Anyone who has ever traveled to the north of Germany will be amazed by the abundance of flowers in home gardens. After all, you would expect a rather sparse flora in a landscape dominated by wind and rain. But flowers seem to love the humid sea air, and so the flower garden that Emil Nolde and his wife Ada planted in Seebüll has long since become an admired legend, in competition with the works of the master, who found the most beautiful inspiration for his famous watercolors in his garden. Less interested in botanical identification, Emil Nolde elevated the flower, or rather the blossom as such, to a pictorial subject and gave the color an intense significance that goes far beyond their botanical aspect. It dominates the pictorial narrative and is the expression of an emphatic enthusiasm for the pure experience of nature, which Nolde uses for his purposes to visualize it in a very unique and unmistakable way.

When Emil Nolde took the brush to paint one of his flower watercolors, he did so with the passion of an admirer of the natural intensity of color, which he wanted to render as\~unadulterated\~as possible. Nolde explored the technical potential of the technique himself, and in using pure watercolor tones on wet paper, he achieved the extraordinary result that the colors act entirely\~on their own. Such an approach requires the utmost concentration on the subject, which Emil Nolde renders almost exclusively on a large scale that seems to transcend the pictorial limits. Yet all the emotional power\~that lies\~in his compositions is subordinate to a purely luminous effect. It is the visual magic that these silent documents of his emotional eye emanate.
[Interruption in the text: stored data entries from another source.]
-- ===== src/Ds/Lists/Range.antt =====
-- `LRange`: the normalised bounds and the slice.
use lightdb.Common.Int.{ℤ, pos, ◌+ℤ◌, ltb_ℤ, ◌-ℤ◌, negsuc, pos_part}
use lightdb.Common.{
  ℕ, zero, suc, ◌+◌, ◌-◌, ◌≤◌, Str, length, take, drop, ◌≡◌, refl, ap, some, List, [], ◌∷◌, ◌++◌,
  arith, if◌then◌else◌, ltb, leb, ◌<◌, true, length-drop, false, Bool-cases, inl, inr,
}
use mathlib.Core.List.{append-nil, append_assoc}
use lightdb.Ds.Lists.{
  handle_index, skip, push_range, range_loop, out_of_range, Lists, l_range, items, l_key_exist,
}

-- The first and the last position that two offsets stand for: a negative one counts from the end.
abbrev pub start_of : ℕ → ℤ → ℕ
start_of len (pos n) = n
start_of len (negsuc n) = len - (n + 1)

-- The number of positions up to the end offset, its own included.
abbrev pub stop_of : ℕ → ℤ → ℕ
stop_of len (pos n) = if ltb n len then n + 1 else len
stop_of len (negsuc n) = len - n

-- `handleIndex` yields the start, and a last position that is one before the stop.
pub handle_index_lem :
    (len : ℕ) (start end : ℤ)
    → ((handle_index len start end).0 ≡ pos (start_of len start))
      × (ltb_ℤ (handle_index len start end).1 (pos (start_of len start))
          ≡ leb (stop_of len end) (start_of len start))
      × (start_of len start < stop_of len end
          → (handle_index len start end).1 ≡ pos (stop_of len end - 1))
unfolding handle_index ◌+ℤ◌ ◌-ℤ◌
handle_index_lem len start end = (ground arith, ground arith, (λ h. ground arith))

pub stop_of_le : (len : ℕ) (end : ℤ) → stop_of len end ≤ len
stop_of_le len (pos n) = ground arith
stop_of_le len (negsuc n) = omega arith

-- The positions from `s` up to but without `t`.
abbrev pub slice : ℕ → ℕ → List Str → List Str
slice s t xs = take (t - s) (drop s xs)

skip-drop : (n : ℕ) (xs : List Str) → n ≤ length xs → skip n xs ≡ some (drop n xs)
unfolding skip
skip-drop zero xs h = refl
skip-drop (suc n) [] h = absurd (omega arith)
skip-drop (suc n) (x ∷ xs) h = skip-drop n xs (omega arith)

push_range-take :
    (n : ℕ) (xs vals : List Str) → n ≤ length xs → push_range n xs vals ≡ some (vals ++ take n xs)
unfolding push_range
push_range-take zero xs vals h = rw append-nil refl
push_range-take (suc n) [] vals h = absurd (omega arith)
push_range-take (suc n) (x ∷ xs) vals h =
    rw (push_range-take n xs (vals ++ x ∷ []) (omega arith))
      (ap some (append_assoc vals (x ∷ []) (take n xs)))

pub span : (s t : ℕ) → s < t → pos_part (pos (t - 1) -ℤ pos s +ℤ pos 1) ≡ t - s
unfolding ◌+ℤ◌ ◌-ℤ◌
span s t h = ground arith

range_loop-slice :
    (s t : ℕ) (xs vals : List Str)
    → s < t
    → t ≤ length xs
    → range_loop xs vals (pos s, pos (t - 1)) ≡ some (true, vals ++ slice s t xs)
range_loop-slice s t xs vals h k = ground (
  arith,
  skip-drop s xs,
  span s t,
  push_range-take (t - s) (drop s xs) vals,
  length-drop {0} s xs,
)

-- The tests that follow `handleIndex`: there is something to return.
pub in_range-slice :
    (len : ℕ) (start end : ℤ)
    → out_of_range len (handle_index len start end) ≡ leb (stop_of len end) (start_of len start)
in_range-slice len start end = ground (arith, handle_index_lem len start end, stop_of_le len end)

pub bounds-slice :
    (len : ℕ) (start end : ℤ)
    → start_of len start < stop_of len end
    → handle_index len start end ≡ (pos (start_of len start), pos (stop_of len end - 1))
bounds-slice len start end h =
    ground (arith, handle_index_lem len start end, (handle_index_lem len start end).2 h)

-- `LRange` never steps outside the list. It returns the elements between the two offsets, both
-- included, and fails without a change where there are none.
pub l_range-slice :
    (r : Lists) (key : Str) (start end : ℤ) (vals : List Str)
    → l_range r key start end vals
      ≡ some (
          if leb (stop_of (length (items r key)) end) (start_of (length (items r key)) start)
          then (false, vals)
          else (
            true,
            vals
                ++ slice
                    (start_of (length (items r key)) start)
                    (stop_of (length (items r key)) end)
                    (items r key),
          ))
unfolding l_range l_key_exist
l_range-slice r key start end vals =
    let xs = items r key in
    let s = start_of (length xs) start in
    let t = stop_of (length xs) end in
    elim (Bool-cases (leb t s)) [
      | inl e ↦ rw e (ground (arith, in_range-slice (length xs) start end))
      | inr e ↦ ground (
        arith,
        in_range-slice (length xs) start end,
        bounds-slice (length xs) start end (ground arith),
        stop_of_le (length xs) end,
        range_loop-slice s t xs vals,
      )
    ]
For Emil Nolde, color is the essential element, the essential means of expression in his art. "Yellow can paint happiness and also pain. There is fire red, blood red, and rose red. There is silver blue, sky blue, and storm blue. Each color carries its soul, making me happy or repulsive and stimulating" (Emil Nolde, quoted from: Martin Urban, Emil Nolde - Landschaften. Aquarelle und Zeichnungen, Cologne 2002, p. 16). The present work also demonstrates the painter's passion. Against the neutral background, the colors unfold that mysterious luminosity that only Nolde was able to achieve. [MH]



484
Emil Nolde
Sonnenblumen und Fuchsschwanz, Ca. 1940.
Watercolor
Estimate:
€ 60,000 / $ 63,000
Sold:
€ 57,150 / $ 60,007

(incl. surcharge)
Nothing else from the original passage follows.